* _WHAT NEEDS TO BE DONE_
Look through the entries below. Report each line that has the word "mathlib" in it.

* _Stored data entries_
--*--
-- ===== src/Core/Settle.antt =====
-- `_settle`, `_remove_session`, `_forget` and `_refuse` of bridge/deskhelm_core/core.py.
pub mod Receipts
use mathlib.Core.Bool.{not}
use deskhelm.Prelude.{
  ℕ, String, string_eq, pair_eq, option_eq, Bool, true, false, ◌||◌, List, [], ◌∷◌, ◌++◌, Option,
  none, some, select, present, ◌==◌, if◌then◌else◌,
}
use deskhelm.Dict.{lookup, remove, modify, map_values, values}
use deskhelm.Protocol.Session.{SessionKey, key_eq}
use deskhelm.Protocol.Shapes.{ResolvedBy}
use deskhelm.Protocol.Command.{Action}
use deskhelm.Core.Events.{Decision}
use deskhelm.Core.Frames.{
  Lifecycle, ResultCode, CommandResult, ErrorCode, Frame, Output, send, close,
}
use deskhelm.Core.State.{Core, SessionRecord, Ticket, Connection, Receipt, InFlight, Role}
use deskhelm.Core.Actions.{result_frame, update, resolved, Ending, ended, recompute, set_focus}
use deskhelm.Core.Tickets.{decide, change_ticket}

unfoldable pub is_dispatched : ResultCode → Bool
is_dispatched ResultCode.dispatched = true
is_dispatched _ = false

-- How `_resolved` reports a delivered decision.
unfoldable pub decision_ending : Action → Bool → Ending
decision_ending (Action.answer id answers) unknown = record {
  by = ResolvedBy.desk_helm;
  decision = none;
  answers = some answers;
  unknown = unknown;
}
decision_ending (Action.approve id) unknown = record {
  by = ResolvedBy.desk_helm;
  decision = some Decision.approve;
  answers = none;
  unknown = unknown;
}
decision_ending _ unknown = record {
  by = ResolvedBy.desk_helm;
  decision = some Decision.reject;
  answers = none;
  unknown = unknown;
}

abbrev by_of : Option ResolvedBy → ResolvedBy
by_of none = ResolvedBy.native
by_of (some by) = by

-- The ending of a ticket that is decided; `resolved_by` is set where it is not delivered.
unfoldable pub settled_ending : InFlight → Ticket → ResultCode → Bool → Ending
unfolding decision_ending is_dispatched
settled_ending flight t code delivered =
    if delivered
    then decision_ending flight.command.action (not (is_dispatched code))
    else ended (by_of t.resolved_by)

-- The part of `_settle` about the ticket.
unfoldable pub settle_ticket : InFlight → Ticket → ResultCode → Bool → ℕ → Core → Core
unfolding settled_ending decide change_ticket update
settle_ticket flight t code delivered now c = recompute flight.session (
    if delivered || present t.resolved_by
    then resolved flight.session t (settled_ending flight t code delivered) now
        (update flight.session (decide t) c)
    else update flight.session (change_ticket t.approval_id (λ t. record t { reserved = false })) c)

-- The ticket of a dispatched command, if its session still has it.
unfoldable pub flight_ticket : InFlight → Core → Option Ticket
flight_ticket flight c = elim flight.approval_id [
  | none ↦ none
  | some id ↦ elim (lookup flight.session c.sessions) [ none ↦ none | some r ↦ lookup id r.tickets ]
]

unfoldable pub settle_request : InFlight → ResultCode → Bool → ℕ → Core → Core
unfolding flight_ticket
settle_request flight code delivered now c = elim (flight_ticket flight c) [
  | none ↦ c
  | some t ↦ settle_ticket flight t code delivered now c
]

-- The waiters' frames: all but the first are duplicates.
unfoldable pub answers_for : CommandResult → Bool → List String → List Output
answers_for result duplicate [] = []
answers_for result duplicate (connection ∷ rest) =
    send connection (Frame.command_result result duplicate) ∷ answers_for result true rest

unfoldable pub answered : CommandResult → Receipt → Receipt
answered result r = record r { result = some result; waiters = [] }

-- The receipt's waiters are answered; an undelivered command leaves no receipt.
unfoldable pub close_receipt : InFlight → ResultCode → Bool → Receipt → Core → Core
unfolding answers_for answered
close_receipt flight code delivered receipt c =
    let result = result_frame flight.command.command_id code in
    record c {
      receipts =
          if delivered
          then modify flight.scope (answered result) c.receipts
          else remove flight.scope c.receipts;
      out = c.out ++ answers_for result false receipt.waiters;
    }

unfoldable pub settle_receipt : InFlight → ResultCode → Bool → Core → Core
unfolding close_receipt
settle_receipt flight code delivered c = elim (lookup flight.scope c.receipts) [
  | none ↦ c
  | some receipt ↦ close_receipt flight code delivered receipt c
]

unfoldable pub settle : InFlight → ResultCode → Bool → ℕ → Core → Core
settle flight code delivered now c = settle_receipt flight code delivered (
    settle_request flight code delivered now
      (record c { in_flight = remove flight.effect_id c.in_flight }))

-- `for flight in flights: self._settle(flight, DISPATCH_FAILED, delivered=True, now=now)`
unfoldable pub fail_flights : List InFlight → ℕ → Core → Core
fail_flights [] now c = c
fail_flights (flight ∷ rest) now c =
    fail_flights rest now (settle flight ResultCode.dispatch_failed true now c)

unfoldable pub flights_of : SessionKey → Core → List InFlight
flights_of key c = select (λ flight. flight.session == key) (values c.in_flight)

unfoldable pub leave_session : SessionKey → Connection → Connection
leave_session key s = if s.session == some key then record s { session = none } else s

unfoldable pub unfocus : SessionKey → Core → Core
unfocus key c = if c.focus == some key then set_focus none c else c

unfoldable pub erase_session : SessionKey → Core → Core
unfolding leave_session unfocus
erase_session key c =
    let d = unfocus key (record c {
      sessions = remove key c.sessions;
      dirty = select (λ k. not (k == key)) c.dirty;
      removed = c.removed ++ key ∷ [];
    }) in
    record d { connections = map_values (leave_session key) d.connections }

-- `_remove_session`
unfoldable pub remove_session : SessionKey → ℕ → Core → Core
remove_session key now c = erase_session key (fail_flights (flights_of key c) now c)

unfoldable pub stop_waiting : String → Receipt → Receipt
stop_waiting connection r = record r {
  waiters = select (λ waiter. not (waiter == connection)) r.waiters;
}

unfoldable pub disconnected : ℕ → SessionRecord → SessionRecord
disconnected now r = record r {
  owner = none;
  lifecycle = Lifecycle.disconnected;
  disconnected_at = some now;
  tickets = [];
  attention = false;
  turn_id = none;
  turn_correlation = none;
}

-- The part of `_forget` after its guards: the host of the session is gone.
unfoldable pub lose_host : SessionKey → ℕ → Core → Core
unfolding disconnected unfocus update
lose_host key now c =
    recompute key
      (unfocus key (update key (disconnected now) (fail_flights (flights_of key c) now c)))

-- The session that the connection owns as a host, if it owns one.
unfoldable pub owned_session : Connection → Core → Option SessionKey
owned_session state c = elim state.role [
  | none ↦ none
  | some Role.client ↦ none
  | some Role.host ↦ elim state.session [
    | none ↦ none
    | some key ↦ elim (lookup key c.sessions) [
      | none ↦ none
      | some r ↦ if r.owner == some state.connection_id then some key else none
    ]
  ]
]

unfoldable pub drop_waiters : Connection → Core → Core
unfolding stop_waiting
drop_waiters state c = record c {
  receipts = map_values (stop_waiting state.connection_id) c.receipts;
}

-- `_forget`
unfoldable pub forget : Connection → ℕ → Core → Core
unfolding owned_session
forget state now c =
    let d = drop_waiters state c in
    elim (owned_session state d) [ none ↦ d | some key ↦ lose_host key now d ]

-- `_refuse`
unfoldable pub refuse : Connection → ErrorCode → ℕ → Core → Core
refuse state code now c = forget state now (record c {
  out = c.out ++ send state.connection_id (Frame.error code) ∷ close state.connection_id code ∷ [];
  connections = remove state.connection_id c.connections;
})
--*--
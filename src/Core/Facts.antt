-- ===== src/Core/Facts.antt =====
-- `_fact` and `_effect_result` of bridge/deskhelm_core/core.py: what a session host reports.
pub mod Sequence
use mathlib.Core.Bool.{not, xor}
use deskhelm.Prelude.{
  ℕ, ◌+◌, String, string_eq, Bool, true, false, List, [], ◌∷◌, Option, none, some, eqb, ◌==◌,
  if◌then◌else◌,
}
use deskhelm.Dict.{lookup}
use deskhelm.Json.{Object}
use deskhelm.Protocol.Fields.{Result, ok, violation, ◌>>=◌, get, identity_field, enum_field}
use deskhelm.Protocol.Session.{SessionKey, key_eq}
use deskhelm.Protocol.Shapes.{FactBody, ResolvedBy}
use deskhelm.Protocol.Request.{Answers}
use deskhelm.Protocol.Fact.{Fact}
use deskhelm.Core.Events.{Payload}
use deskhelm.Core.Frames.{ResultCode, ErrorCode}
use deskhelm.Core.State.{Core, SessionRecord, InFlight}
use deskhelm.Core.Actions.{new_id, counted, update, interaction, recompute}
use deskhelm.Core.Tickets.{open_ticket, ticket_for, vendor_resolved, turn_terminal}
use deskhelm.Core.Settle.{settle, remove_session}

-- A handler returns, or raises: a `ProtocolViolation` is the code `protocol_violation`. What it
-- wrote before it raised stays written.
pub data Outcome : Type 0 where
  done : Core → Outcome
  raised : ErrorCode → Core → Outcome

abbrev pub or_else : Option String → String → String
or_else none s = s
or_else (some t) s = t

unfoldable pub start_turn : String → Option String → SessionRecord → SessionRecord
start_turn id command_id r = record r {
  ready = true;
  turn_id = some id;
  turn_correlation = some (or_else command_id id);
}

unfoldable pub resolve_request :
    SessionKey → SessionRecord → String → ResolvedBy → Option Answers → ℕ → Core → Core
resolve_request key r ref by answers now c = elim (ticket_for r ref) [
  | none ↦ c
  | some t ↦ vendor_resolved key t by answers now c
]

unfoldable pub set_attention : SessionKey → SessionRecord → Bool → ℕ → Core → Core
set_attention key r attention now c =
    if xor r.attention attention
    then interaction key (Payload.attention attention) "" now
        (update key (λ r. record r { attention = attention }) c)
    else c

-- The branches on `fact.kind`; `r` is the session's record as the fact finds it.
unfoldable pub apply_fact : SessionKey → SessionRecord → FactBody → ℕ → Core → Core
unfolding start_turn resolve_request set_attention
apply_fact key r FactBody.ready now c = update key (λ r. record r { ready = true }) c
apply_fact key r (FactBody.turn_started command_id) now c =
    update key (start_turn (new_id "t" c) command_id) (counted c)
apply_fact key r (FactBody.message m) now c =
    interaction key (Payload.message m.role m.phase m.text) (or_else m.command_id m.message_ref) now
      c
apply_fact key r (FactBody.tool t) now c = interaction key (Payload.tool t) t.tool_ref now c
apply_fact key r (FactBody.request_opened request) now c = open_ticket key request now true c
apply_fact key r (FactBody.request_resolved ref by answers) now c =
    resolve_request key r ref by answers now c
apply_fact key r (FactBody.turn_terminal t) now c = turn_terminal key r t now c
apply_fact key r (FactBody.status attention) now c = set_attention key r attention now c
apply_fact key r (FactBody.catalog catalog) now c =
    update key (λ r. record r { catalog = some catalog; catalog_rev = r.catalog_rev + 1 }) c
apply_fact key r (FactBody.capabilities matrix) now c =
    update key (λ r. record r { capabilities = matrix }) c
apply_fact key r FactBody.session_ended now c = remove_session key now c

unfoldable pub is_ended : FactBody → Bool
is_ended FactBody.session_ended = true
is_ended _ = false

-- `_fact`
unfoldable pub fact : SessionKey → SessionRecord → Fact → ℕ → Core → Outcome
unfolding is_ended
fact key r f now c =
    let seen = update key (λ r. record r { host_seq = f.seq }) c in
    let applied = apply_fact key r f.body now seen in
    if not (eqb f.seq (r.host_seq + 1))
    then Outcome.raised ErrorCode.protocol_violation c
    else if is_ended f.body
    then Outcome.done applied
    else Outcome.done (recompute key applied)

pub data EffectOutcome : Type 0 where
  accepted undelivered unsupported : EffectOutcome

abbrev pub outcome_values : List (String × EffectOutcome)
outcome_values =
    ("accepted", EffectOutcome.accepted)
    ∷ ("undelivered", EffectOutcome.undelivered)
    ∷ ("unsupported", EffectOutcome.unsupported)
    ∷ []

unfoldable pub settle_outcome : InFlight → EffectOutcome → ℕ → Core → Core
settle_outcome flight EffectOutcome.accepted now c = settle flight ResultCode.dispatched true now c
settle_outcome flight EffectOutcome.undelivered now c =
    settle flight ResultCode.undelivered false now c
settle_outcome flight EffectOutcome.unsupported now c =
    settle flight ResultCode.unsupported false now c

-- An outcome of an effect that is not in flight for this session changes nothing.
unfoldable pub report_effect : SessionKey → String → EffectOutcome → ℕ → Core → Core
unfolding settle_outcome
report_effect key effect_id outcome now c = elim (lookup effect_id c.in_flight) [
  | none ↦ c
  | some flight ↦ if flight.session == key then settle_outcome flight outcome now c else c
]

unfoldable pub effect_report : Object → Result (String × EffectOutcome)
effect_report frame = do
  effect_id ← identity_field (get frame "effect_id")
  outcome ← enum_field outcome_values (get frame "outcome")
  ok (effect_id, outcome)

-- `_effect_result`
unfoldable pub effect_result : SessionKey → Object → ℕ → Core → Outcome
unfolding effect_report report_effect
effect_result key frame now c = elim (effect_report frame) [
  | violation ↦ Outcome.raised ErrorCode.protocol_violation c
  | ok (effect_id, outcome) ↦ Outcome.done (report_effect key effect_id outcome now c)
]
--*--
* _RESULT FOR THIS TASK_
use mathlib.Core.Bool.{not}
use mathlib.Core.Bool.{not, xor}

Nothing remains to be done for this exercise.